Conclusions: Our results suggest that high preoperative serum levels of CA72-4 and CA19-9 are associated with higher risk of death, high pretreatment CEA levels (>50 ng/ml) may predict clinical disease progression after neoadjuvant chemotherapy, and a decrease (>70%) of CA72-4 may predict pathologic response to neoadjuvant chemotherapy.

Figure 1

Survival curves of patients according to CEA, CA199, CA724, and CA242 pretreatment serum positivity. A. The difference between CEA-negative patients and CEA-positive patients was not statistically significant (P = 0.085). B. The difference between CA19-9-negative patients and CA19-9-positive patients was statistically significant (P = 0.000). C. The difference between CA72-4-negative patients and CA72-4-positive patients was statistically significant (P = 0.002).
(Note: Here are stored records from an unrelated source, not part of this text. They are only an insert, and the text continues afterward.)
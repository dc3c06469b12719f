-- ===== src/Store/Transaction/Tests.antt =====
-- Transactions at concrete contents.
use kip_db.Base.{◌≡◌, refl, none, some, false, [], ◌∷◌, arith}
use kip_db.Base.Int.{pos, int_ord}
use kip_db.Base.Order.{bytes_ord}
use kip_db.Codec.Little.{little_varint}
use kip_db.Data.{sub_usize}
use kip_db.Error.{KernelError, ok, err}
use kip_db.MemTable.{find_with_sequence_id}
use kip_db.MemTable.Tests.{maps, records, two_keys, k1, k2}
use kip_db.Store.Transaction.{
  Transaction, Shared, CheckType, DiskQuery, begin, get, set, remove, commit,
}
use kip_db.Store.Transaction.Isolation.{get-set}
use kip_db.Store.Transaction.Snapshot.{Event, run, begin-run}
use kip_db.Store.Transaction.Refused.{begun, overtaken, commit-refused_later}
use kip_db.Store.Transaction.Commit.{commit-atomic, commit-commit}

abbrev shared : Shared maps records
shared = record { inner = two_keys; tx_count = 1; seq_count = pos 4 }

abbrev no_tables : DiskQuery
no_tables key = ok none

-- A transaction that began at a number and writes `k1`.
abbrev writer : Transaction
writer = record {
  disk = no_tables;
  seq_id = pos 3;
  check_type = CheckType.optimistic;
  write_buf = some ((k1, some (7 ∷ [])) ∷ []);
}

abbrev late : Transaction
late = record writer { seq_id = pos 2 }

get-set_example :
    (get shared (set writer k2 (9 ∷ [])) k2 ≡ ok (some (9 ∷ [])))
    × (get shared (set writer k2 (9 ∷ [])) k1 ≡ get shared writer k1)
    × ((remove shared writer k2).1 ≡ ok tt → get shared (remove shared writer k2).0 k2 ≡ ok none)
    × (get shared (remove shared writer k2).0 k1 ≡ get shared writer k1)
get-set_example = get-set shared writer k2 (9 ∷ []) k1 (λ e. ground arith)

-- A removal that succeeds.
removed : (remove shared writer k1).1 ≡ ok tt
unfolding remove get
removed = refl

begin-run_example :
    let (s', tx) = begin shared CheckType.optimistic no_tables in
    get
      (run little_varint s' (
        Event.append false (k1, none)
        ∷ Event.finish false writer
        ∷ Event.start CheckType.optimistic no_tables
        ∷ []))
      tx
      k1
    ≡ get shared tx k1
begin-run_example =
    begin-run little_varint shared CheckType.optimistic no_tables
      (Event.append false (k1, none)
        ∷ Event.finish false writer
        ∷ Event.start CheckType.optimistic no_tables
        ∷ [])
      k1 (omega arith)

-- Others begin, write `k1` and commit it after this transaction began.
abbrev overtaking : Transaction
overtaking = record writer { seq_id = pos 5 }

abbrev slow : Transaction
slow = record writer { seq_id = pos 4 }

abbrev met : Shared maps records
met =
    overtaken {sm = maps} {wal = records} little_varint
      (begun little_varint shared CheckType.optimistic no_tables
        (Event.start CheckType.optimistic no_tables ∷ []))
      false overtaking (Event.append false (k1, none) ∷ [])

commit-refused_later_example :
    commit little_varint false met slow
    ≡ (record met { tx_count = sub_usize met.tx_count 1 }, err KernelError.repeated_write)
unfolding run
commit-refused_later_example =
    commit-refused_later little_varint shared CheckType.optimistic no_tables
      (Event.start CheckType.optimistic no_tables ∷ []) (Event.append false (k1, none) ∷ []) false
      false overtaking slow ((k1, some (7 ∷ [])) ∷ []) ((k1, some (7 ∷ [])) ∷ []) k1 (omega arith)
      refl refl refl refl refl refl

commit-atomic_example :
    find_with_sequence_id (commit little_varint false shared writer).0.inner k1 (pos 4)
    ≡ some (k1, some (7 ∷ []))
commit-atomic_example =
    commit-atomic little_varint false shared writer ((k1, some (7 ∷ [])) ∷ []) k1 (pos 4) refl refl
      (refl, (refl, (refl, tt)))

commit-commit_example :
    (commit little_varint false (commit little_varint false shared writer).0 writer).1
    ≡ err KernelError.repeated_write
commit-commit_example =
    commit-commit little_varint false false shared writer writer ((k1, some (7 ∷ [])) ∷ [])
      ((k1, some (7 ∷ [])) ∷ []) k1 refl refl refl refl refl refl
D. The difference between CA242-negative patients and CA242-positive patients wasnot statistically significant (P = 0.409).

Figure 2

Mean levels of four tumor markers before and after neoadjuvant chemotherapy. A. Mean level of CEA was decreased significantly after neoadjuvant chemotherapy (P = 0.030). B. Mean level of CA19-9 was decreased after neoadjuvant chemotherapy, the difference was not statistically significant (P = 0.251). C. Mean level of CA72-4 was decreased significantly after neoadjuvant chemotherapy (P = 0.010). D. Mean level of CA242 was decreased significantly after neoadjuvant chemotherapy (P = 0.009).

Figure 3

Mean levels of four tumor markers before and after neoadjuvant chemotherapy in disease control (CR + PR + SD) and PD (disease progression) group respectively. A. C. D shows CEA, CA724, and CA125 decreased more significantly in the disease control (CR + PR + SD) group than the disease progression (PD) group (P = 0.012, P = 0.020, and P = 0.025, respectively). B. show the decreased levels of CA199 was not statistically significant (P values was 0.849).

Figure 4

ROC curves for the decrease of the four tumor markers to predict the disease control after neoadjuvant chemotherapy. A, B. shows the decrease of CEA, CA199 was not statistically significant (P values were 0.785, and 0.540, respectively). C. The area under the ROC curve of CA72-4 change values was 0.764 (95% CI: 0.584 to 0.945, P = 0.020); the optimal cutoff which simultaneously maximized both the sensitivity (77.8%) and specificity (80%) of the test was decreased by 71.1%. D. The area under the ROC curve of CA125 change values was 0.800 (95% CI: 0.537 to 1.063, P = 0.128); the optimal cutoff which simultaneously maximized both the sensitivity (100%) and specificity (60%) of the test was decreased by 40.0%.

Figure 5

ROC curves for pretreatment levels of tumor markers to predict the disease progression after neoadjuvant chemotherapy. A. The area under the ROC curve of CEA pretreatment levels was 0.694 (95% CI: 0.517 to 0.871, P = 0.017); the cutoff that maximized both sensitivity (57.1%) and specificity (85.4%) of this test was 50 ng/ml. The correlation coefficient between CEA pretreatment levels and pathologic response was 0.199, and the P value was 0.017. B.C.D show the pretreatment levels of CA72-4, CA199, and CA125 were not statistically significant (P values were 0.381, 0.719, and 0.967 respectively).